Chapter 8 presents a case study for medical analysis of heart disease using machine learning and deep learning.
Chapter 9 discusses a novel convolutional neural network model to predict software defects.
Chapter 10 familiarizes the reader with the process of predictive analysis on online television videos using machine learning algorithms.
Chapter 11 discusses a combinational deep learning approach to visually evoked EEG-based image classification.
Chapter 12 gives a comparative analysis of machine learning algorithms with balancing techniques for credit card fraud detection.
Chapter 13 describes crack detection in civil structures using deep learning.
Chapter 14 discusses measuring urban sprawl using machine learning.
Chapter 15 is all about the applications of deep learning algorithms in medical image processing.
Chapter 16 assists in understanding the simulation of self-driving cars based on deep learning.
Chapter 17 discusses assistive technologies for visual hearing and speech impairments using machine learning and deep learning solutions.
Chapter 18 provides insight into the role of deep learning in remote sensing.
Finally, I would like to express my heartfelt thanks to all authors, reviewers, and the team at Scrivener Publishing for their kind co-operation extended during the various stages of processing this book.
Pradeep Singh November 2021
1
Supervised Machine Learning: Algorithms and Applications
Shruthi H. Shetty*, Sumiksha Shetty†, Chandra Singh‡ and Ashwath Rao§
Department of ECE, Sahyadri College of Engineering & Management, Adyar, India
Abstract
The fundamental goal of machine learning (ML) is to inculcate computers to use data or former practice to resolve a specified problem.

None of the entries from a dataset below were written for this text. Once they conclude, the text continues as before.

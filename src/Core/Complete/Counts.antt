-- ===== src/Core/Complete/Counts.antt =====
-- The turns that `aggregate_session_v2` counts per method (crates/metrune-core/src/lib.rs).
use metrune.Prelude.{
  ℕ, suc, ◌≡◌, refl, sym, ap, ◌∙◌, min, Option, none, some, List, [], ◌∷◌, inl, inr, arith,
  if◌then◌else◌, Bool-cases, All, map, length,
}
use metrune.Prelude.Words.{u32_max, saturating_add, saturating_add_comm, saturating_add_assoc}
use metrune.Prelude.Text.{Text, text_eq, text_eq_refl, eq_of_text_eq}
use metrune.Prelude.Order.{text_ord}
use metrune.Prelude.TreeMap.{
  get, update, values, IsSorted, IsSorted-update, get-update_self, get-update_ne, All-values,
  sum_values, sum_values-update,
}
use metrune.Core.Category.{ClassificationMethod, method_str}
use metrune.Core.Snapshot.{TurnSnapshot, ClassificationMethodCount}
use metrune.Core.Complete.{MethodCounts, count_method, count_methods, method_counts}

abbrev count_of : Option (ClassificationMethod × ℕ) → ℕ
count_of none = 0
count_of (some w) = w.1

abbrev Named : MethodCounts → Type 0
Named m = (k : Text) (w : ClassificationMethod × ℕ) → get k m ≡ some w → method_str w.0 ≡ k

-- The counts, added up with saturation.
abbrev pub sum_counts : List ClassificationMethodCount → ℕ
sum_counts [] = 0
sum_counts (c ∷ cs) = saturating_add u32_max c.count (sum_counts cs)

module _ {F : Type 0} where
  -- The turns whose method has the name `k`.
  abbrev pub number_of : Text → List (TurnSnapshot F) → ℕ
  number_of k [] = 0
  number_of k (turn ∷ turns) =
      if text_eq (method_str turn.classification_method) k
      then suc (number_of k turns)
      else number_of k turns

count_of-update :
    (k : Text) (method : ClassificationMethod) (m : MethodCounts)
    → count_of (get k (update (method_str method) (count_method method) m)) ≡ (
        if text_eq (method_str method) k
        then saturating_add u32_max (count_of (get k m)) 1
        else count_of (get k m))
count_of-update k method m =
    let j = method_str method in
    elim (Bool-cases (text_eq j k)) [
      | inl e ↦
          let p = eq_of_text_eq j k e in
          rw (e, ← p) (ap count_of (get-update_self j (count_method method) m) ∙ counted (get j m))
      | inr e ↦ rw e (
          ap count_of (
            get-update_ne j k (count_method method) m
              (λ p. ground (arith, ap (λ x. text_eq j x) p, text_eq_refl j))))
    ]
  where
    counted :
        (found : Option (ClassificationMethod × ℕ))
        → count_of (some (count_method method found)) ≡ saturating_add u32_max (count_of found) 1
    counted none = refl
    counted (some w) = refl

Named-update :
    (method : ClassificationMethod) (m : MethodCounts)
    → Named m
    → Named (update (method_str method) (count_method method) m)
Named-update method m named k w h =
    let j = method_str method in
    elim (Bool-cases (text_eq j k)) [
      | inl e ↦
          let p = eq_of_text_eq j k e in
          let found = get-update_self j (count_method method) m in
          let same : count_method method (get j m) ≡ w =
            ground (arith, found, ap (λ x. get x (update j (count_method method) m)) p) in
          ap (λ x. method_str x.0) (sym same) ∙ counted (get j m) (λ v e'. named j v e') ∙ p
      | inr e ↦ named k w (
          sym (
            get-update_ne j k (count_method method) m
              (λ p. ground (arith, ap (λ x. text_eq j x) p, text_eq_refl j)))
          ∙ h)
    ]
  where
    counted :
        (found : Option (ClassificationMethod × ℕ))
        → ((v : ClassificationMethod × ℕ) → found ≡ some v → method_str v.0 ≡ method_str method)
        → method_str (count_method method found).0 ≡ method_str method
    counted none h = refl
    counted (some v) h = h v refl

sum-capped :
    (ws : List (ClassificationMethod × ℕ))
    → sum_values (saturating_add u32_max) 0 (λ w. w.1) ws
      ≡ saturating_add u32_max 0 (sum_values (saturating_add u32_max) 0 (λ w. w.1) ws)
sum-capped [] = refl
sum-capped (w ∷ ws) = omega arith

abbrev count_entry : ClassificationMethod × ℕ → ClassificationMethodCount
count_entry w = record { method = w.0; count = w.1 }

sum_counts-map :
    (ws : List (ClassificationMethod × ℕ))
    → sum_counts (map count_entry ws) ≡ sum_values (saturating_add u32_max) 0 (λ w. w.1) ws
sum_counts-map [] = refl
sum_counts-map (w ∷ ws) = rw (sum_counts-map ws)

All-count_entry :
    (P : ClassificationMethodCount → Type 0) (ws : List (ClassificationMethod × ℕ))
    → All (λ w. P (count_entry w)) ws
    → All P (map count_entry ws)
All-count_entry P [] a = tt
All-count_entry P (w ∷ ws) a = (a.0, All-count_entry P ws a.1)

module _ {F : Type 0} where
  count_of-count_methods :
      (k : Text) (m : MethodCounts) (turns : List (TurnSnapshot F))
      → count_of (get k m) ≡ min (count_of (get k m)) u32_max
      → count_of (get k (count_methods m turns))
        ≡ saturating_add u32_max (count_of (get k m)) (number_of k turns)
  unfolding count_methods
  count_of-count_methods k m [] capped = omega (arith, capped)
  count_of-count_methods k m (turn ∷ turns) capped =
      let one = count_of-update k turn.classification_method m in
      let rest =
        count_of-count_methods k
          (update (method_str turn.classification_method) (count_method turn.classification_method)
            m)
          turns in
      ground (arith, one, rest)

  Named-count_methods :
      (m : MethodCounts) (turns : List (TurnSnapshot F)) → Named m → Named (count_methods m turns)
  unfolding count_methods
  Named-count_methods m [] named = named
  Named-count_methods m (turn ∷ turns) named =
      Named-count_methods
        (update (method_str turn.classification_method) (count_method turn.classification_method) m)
        turns (Named-update turn.classification_method m named)

  IsSorted-count_methods :
      (m : MethodCounts) (turns : List (TurnSnapshot F))
      → IsSorted m
      → IsSorted (count_methods m turns)
  unfolding count_methods
  IsSorted-count_methods m [] s = s
  IsSorted-count_methods m (turn ∷ turns) s =
      IsSorted-count_methods
        (update (method_str turn.classification_method) (count_method turn.classification_method) m)
        turns
        (IsSorted-update (method_str turn.classification_method)
          (count_method turn.classification_method) m s)

  sum_counts-count_methods :
      (m : MethodCounts) (turns : List (TurnSnapshot F))
      → sum_values (saturating_add u32_max) 0 (λ w. w.1) (values (count_methods m turns))
        ≡ saturating_add u32_max
            (length turns)
            (sum_values (saturating_add u32_max) 0 (λ w. w.1) (values m))
  unfolding count_methods
  sum_counts-count_methods m [] = sum-capped (values m)
  sum_counts-count_methods m (turn ∷ turns) =
      let f = count_method turn.classification_method in
      let step =
        sum_values-update (saturating_add u32_max) 0 (saturating_add_comm u32_max)
          (saturating_add_assoc u32_max) (λ w. w.1) (method_str turn.classification_method) f 1 m
          refl (λ w. omega arith) in
      omega (
        arith,
        step,
        sum_counts-count_methods (update (method_str turn.classification_method) f m) turns,
      )

  -- Each count listed is the number of the turns of its method, and the counts add up to the number
  -- of all turns, up to the largest u32.
  pub method_counts-exact :
      (turns : List (TurnSnapshot F))
      → All
          (λ c. c.count ≡ min (number_of (method_str c.method) turns) u32_max)
          (method_counts turns)
        × (sum_counts (method_counts turns) ≡ min (length turns) u32_max)
  unfolding method_counts
  method_counts-exact turns =
      let m = count_methods [] turns in
      let named = Named-count_methods [] turns (λ k w h. ground (arith, h)) in
      let sorted = IsSorted-count_methods [] turns tt in
      let all =
        All-values {P = λ w. w.1 ≡ min (number_of (method_str w.0) turns) u32_max} m sorted
          (λ k w h. omega (
            arith,
            ap count_of (sym h)
                ∙ sym (ap (λ x. count_of (get x m)) (named k w h))
                ∙ count_of-count_methods (method_str w.0) [] turns refl,
          )) in
      (
        All-count_entry (λ c. c.count ≡ min (number_of (method_str c.method) turns) u32_max)
            (values m) all,
        omega (arith, sum_counts-map (values m), sum_counts-count_methods [] turns),
      )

Artificial intelligence has given us incredible web search, self-driving vehicles, practical speech affirmation, and a massively better cognizance of human genetic data. An exact range of effective programs of ML already exist, which comprises classifiers to swot e-mail messages to study that allows distinguishing between unsolicited mail and non-spam messages. ML can be implemented as class analysis over supervised, unsupervised, and reinforcement learning. Supervised ML (SML) is the subordinate branch of ML and habitually counts on a domain skilled expert who “teaches” the learning scheme with required supervision. It also generates a task that maps inputs to chosen outputs. SML is genuinely normal in characterization issues since the aim is to get the computer, familiar with created descriptive framework. The data annotation is termed as a training set and the testing set as unannotated data. When annotations are discrete in the value, they are called class labels and continuous numerical annotations as continuous target values. The objective of SML is to form a compact prototype of the distribution of class labels in terms of predictor types. The resultant classifier is then used to designate class labels to the testing sets where the estimations of the predictor types are known, yet the values of the class labels are unidentified. Under certain assumptions, the larger the size of the training set, the better the expectations on the test set. This motivates the requirement for numerous area specialists or even different non-specialists giving names to preparing the framework. SML problems are grouped into classification and regression.